Il ressort de ce qui précède qu’il n’est pas possible de déterminer un délai absolu à partir duquel le retard de la partie ou de l’avocat devrait nécessairement conduire à lui refuser le droit de participer à l’audience. Il convient bien plutôt d’examiner, au regard de l’ensemble des circonstances du cas d’espèce, si un intérêt digne de protection commande d’appliquer strictement les conséquences juridiques tirées du non-respect de l’horaire fixé.

In casu, le dernier jour ouvrable avant l’audience, le conseil du recourant avait informé le Tribunal de police qu’il serait excusé à l’audience par son avocate stagiaire, qui demanderait une attestation de plaidoirie, cela quand bien même il n’avait pas pu informer son client de la tenue de l’audience. L’avocate stagiaire s’est présentée devant la salle d’audience avec 17 minutes de retard, croyant que l’audience était fixée à 9h30 au lieu de 9h00. Elle avait émis le souhait de parler au Président du Tribunal qui était encore dans la salle d’audience ainsi que sa greffière, l’audience suivante étant agendée à 10h00. Elle s’était excusée pour son retard et avait demandé à pouvoir plaider, ce qui lui avait été refusé, le défaut de son client ayant déjà été constaté.

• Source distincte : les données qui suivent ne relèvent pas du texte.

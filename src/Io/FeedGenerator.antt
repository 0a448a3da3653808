-- ===== src/Io/FeedGenerator.antt =====
-- io/feed_generator.cpp: the simulated feed. The random engine is a parameter: each message comes with
-- the values drawn for it. `D` is double, `ltd` its comparison, and `percent n` the constant n/100.
-- `none` is undefined behaviour: an index out of range, or a shard of none.
pub mod Chosen
pub mod NextMessage
pub mod Sequence
pub mod Accounts
use low_latency_market_data.Common.{
  ℕ, zero, suc, ◌+◌, ◌%◌, List, [], ◌∷◌, ◌++◌, Option, none, some, Bool, true, false, ◌||◌, ◌==◌,
  leb, length, get_elem?, set, replicate, if◌then◌else◌, ◌>>=◌, ℤ,
}
use low_latency_market_data.Common.Words.{add64}
use low_latency_market_data.Common.Maps
use low_latency_market_data.Common.Maps.{nat_eq}
use low_latency_market_data.Protocol.Messages.{
  Symbol, buy, sell, AddOrder, CancelOrder, ExecuteOrder, ReplaceOrder, DecodedMessage, add, cancel,
  execute, replace, add_wire_size, cancel_wire_size, execute_wire_size, replace_wire_size,
}
use low_latency_market_data.Protocol.Encoder.{encode}
use low_latency_market_data.Io.ShardDemux.{checked_shard}

pub record Config (D : Type 0) : Type 0 where
  pub symbols : List Symbol
  pub num_shards : ℕ
  pub message_count : ℕ
  pub packet_loss_rate : D

pub record FeedGenerator (D : Type 0) : Type 0 where
  pub config : Config D
  pub emitted_count : ℕ
  pub total_dropped : ℕ
  pub next_order_id : ℕ
  pub next_seq_per_shard : List (ℕ × ℕ)
  pub resting_orders_per_symbol : List (List ℕ)

-- What is drawn for one message: an index below a size, for the symbol and for the order, and the two
-- numbers in [0, 1).
pub record Draws (D : Type 0) : Type 0 where
  pub symbol_pick : ℕ → ℕ
  pub action_pick : D
  pub order_pick : ℕ → ℕ
  pub loss_pick : D

-- A packet without bytes was lost in transit.
pub record Packet : Type 0 where
  pub exhausted : Bool
  pub bytes : Option (List ℕ)

-- `resting.erase(resting.begin() + idx)`
abbrev pub erase_at : List ℕ → ℕ → List ℕ
erase_at [] i = []
erase_at (x ∷ xs) zero = xs
erase_at (x ∷ xs) (suc i) = x ∷ erase_at xs i

abbrev pub value_or_zero : Option ℕ → ℕ
value_or_zero none = 0
value_or_zero (some n) = n

abbrev pub is_empty : List ℕ → Bool
is_empty [] = true
is_empty (x ∷ xs) = false

-- `std::vector<std::byte> buf(kWireSize)` and `encode`.
abbrev pub buffer_size : DecodedMessage → ℕ
buffer_size (add m) = add_wire_size
buffer_size (cancel m) = cancel_wire_size
buffer_size (execute m) = execute_wire_size
buffer_size (replace m) = replace_wire_size

pub encoded : DecodedMessage → Option (List ℕ)
encoded m = do (size, buf) ← encode m (replicate (buffer_size m) 0); some buf

module _ {D : Type 0} where
  abbrev pub new_feed : Config D → FeedGenerator D
  new_feed config = record {
    config = config;
    emitted_count = 0;
    total_dropped = 0;
    next_order_id = 1;
    next_seq_per_shard = [];
    resting_orders_per_symbol = replicate (length config.symbols) [];
  }

  -- `next_seq_per_shard_[shard]`
  abbrev pub last_seq : ℕ → FeedGenerator D → ℕ
  last_seq shard f = value_or_zero (Maps.lookup shard f.next_seq_per_shard)

  -- The index of the symbol, and the shard it is on.
  abbrev pub symbol_idx : Draws D → FeedGenerator D → ℕ
  symbol_idx d f = d.symbol_pick (length f.config.symbols)

  -- `resting_orders_per_symbol_[symbol_idx] = resting`
  abbrev pub with_resting : ℕ → List ℕ → FeedGenerator D → FeedGenerator D
  with_resting idx resting f = record f {
    resting_orders_per_symbol = set f.resting_orders_per_symbol idx resting;
  }

  abbrev pub add_order :
      Symbol → ℕ → ℕ → List ℕ → FeedGenerator D → DecodedMessage × FeedGenerator D
  add_order symbol seq idx resting f =
      let id = f.next_order_id in
      (
        add (record {
          seq_num = seq;
          order_id = id;
          symbol = symbol;
          side = if (id % 2) == 0 then buy else sell;
          price = ℤ.pos (100 + id % 50);
          quantity = 10 + id % 20;
          timestamp = seq;
        }),
        with_resting idx (resting ++ id ∷ []) (record f { next_order_id = add64 id 1 }),
      )

  abbrev pub cancel_order :
      ℕ → ℕ → ℕ → ℕ → List ℕ → FeedGenerator D → DecodedMessage × FeedGenerator D
  cancel_order seq id at idx resting f = (
    cancel (record { seq_num = seq; order_id = id; timestamp = seq }),
    with_resting idx (erase_at resting at) f,
  )

  abbrev pub execute_order : ℕ → ℕ → FeedGenerator D → DecodedMessage × FeedGenerator D
  execute_order seq id f = (
    execute
        (record { seq_num = seq; order_id = id; executed_quantity = 1 + id % 5; timestamp = seq }),
    f,
  )

  abbrev pub replace_order :
      ℕ → ℕ → ℕ → ℕ → List ℕ → FeedGenerator D → DecodedMessage × FeedGenerator D
  replace_order seq id at idx resting f =
      let new_id = f.next_order_id in
      (
        replace (record {
          seq_num = seq;
          old_order_id = id;
          new_order_id = new_id;
          price = ℤ.pos (100 + new_id % 50);
          quantity = 10 + new_id % 20;
          timestamp = seq;
        }),
        with_resting idx (set resting at new_id) (record f { next_order_id = add64 new_id 1 }),
      )

  module _ (ltd : D → D → Bool) (percent : ℕ → D) where
    -- The message on an order that rests, by the roll.
    abbrev pub act_on :
        D → ℕ → ℕ → ℕ → ℕ → List ℕ → FeedGenerator D → DecodedMessage × FeedGenerator D
    act_on roll seq id at idx resting f =
        if ltd roll (percent 65)
        then cancel_order seq id at idx resting f
        else if ltd roll (percent 85)
        then execute_order seq id f
        else replace_order seq id at idx resting f

    -- The order at number `at` of those that rest.
    abbrev pub act_at :
        D
        → ℕ
        → Option ℕ
        → ℕ
        → ℕ
        → List ℕ
        → FeedGenerator D
        → Option (DecodedMessage × FeedGenerator D)
    act_at roll seq none at idx resting f = none
    act_at roll seq (some id) at idx resting f = some (act_on roll seq id at idx resting f)

    -- The choice of the message, for the symbol at number `idx` and on the shard number `shard`, whose
    -- resting orders are `resting`.
    pub choose :
        Draws D
        → Symbol
        → ℕ
        → ℕ
        → List ℕ
        → FeedGenerator D
        → Option (DecodedMessage × FeedGenerator D)
    choose d symbol shard idx resting f =
        let seq = add64 (last_seq shard f) 1 in
        let f' : FeedGenerator D = record f {
          next_seq_per_shard = Maps.assign shard seq f.next_seq_per_shard;
        } in
        let at = d.order_pick (length resting) in
        if is_empty resting || ltd d.action_pick (percent 50)
        then some (add_order symbol seq idx resting f')
        else act_at d.action_pick seq (get_elem? resting at) at idx resting f'

    pub next_message : Draws D → FeedGenerator D → Option (DecodedMessage × FeedGenerator D)
    next_message d f = do
      symbol ← get_elem? f.config.symbols (symbol_idx d f)
      shard ← checked_shard symbol f.config.num_shards
      resting ← get_elem? f.resting_orders_per_symbol (symbol_idx d f)
      choose d symbol shard (symbol_idx d f) resting f

    pub generate_next_message : Draws D → FeedGenerator D → Option (List ℕ × FeedGenerator D)
    generate_next_message d f = do (m, f') ← next_message d f; bytes ← encoded m; some (bytes, f')

    -- The loss comes after the message.
    abbrev pub in_transit : Draws D → List ℕ → FeedGenerator D → Packet × FeedGenerator D
    in_transit d bytes f =
        if ltd d.loss_pick f.config.packet_loss_rate
        then (
          record { exhausted = false; bytes = none },
          record f { total_dropped = add64 f.total_dropped 1 },
        )
        else (record { exhausted = false; bytes = some bytes }, f)

    pub next : Draws D → FeedGenerator D → Option (Packet × FeedGenerator D)
    next d f =
        if leb f.config.message_count f.emitted_count
        then some (record { exhausted = true; bytes = none }, f)
        else do
          (bytes, f') ←
              generate_next_message d (record f { emitted_count = add64 f.emitted_count 1 })
          some (in_transit d bytes f')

Le Tribunal de police savait que l’avocate stagiaire de l’Etude du conseil du recourant avait prévu de se rendre à l’audience du lundi 24.09.2018 indépendamment de la présence de son client, puisque cela avait été confirmé le vendredi précédant. L’intéressée s’est présentée avec un retard de 17 minutes. Sans être négligeable, ce retard n’est pas non plus important. La bonne marche de la justice n’aurait pas été entravée par la tenue de l’audience puisque le Président et sa greffière étaient toujours dans la salle d’audience lorsque l’avocate stagiaire est arrivée et qu’ils disposaient encore de plus de 40 minutes avant l’audience suivante. Il faut également garder à l’esprit les conséquences sévères, pour le recourant, de l’application de la fiction légale selon l’art. 356 al. 4 CPP, aspect sur lequel l’avocate stagiaire n’a pas été admise à présenter des arguments. Partant, en refusant au conseil du recourant le droit de plaider et en constatant qu’il n’avait pas comparu à l’audience compte tenu de son retard, le Tribunal de police avait fait preuve de formalisme excessif, ce que la cour cantonale aurait dû constater.

 

Le TF admet le recours de X.__, annule l’arrêt attaqué et renvoie la cause à l’autorité précédente pour nouvelle décision.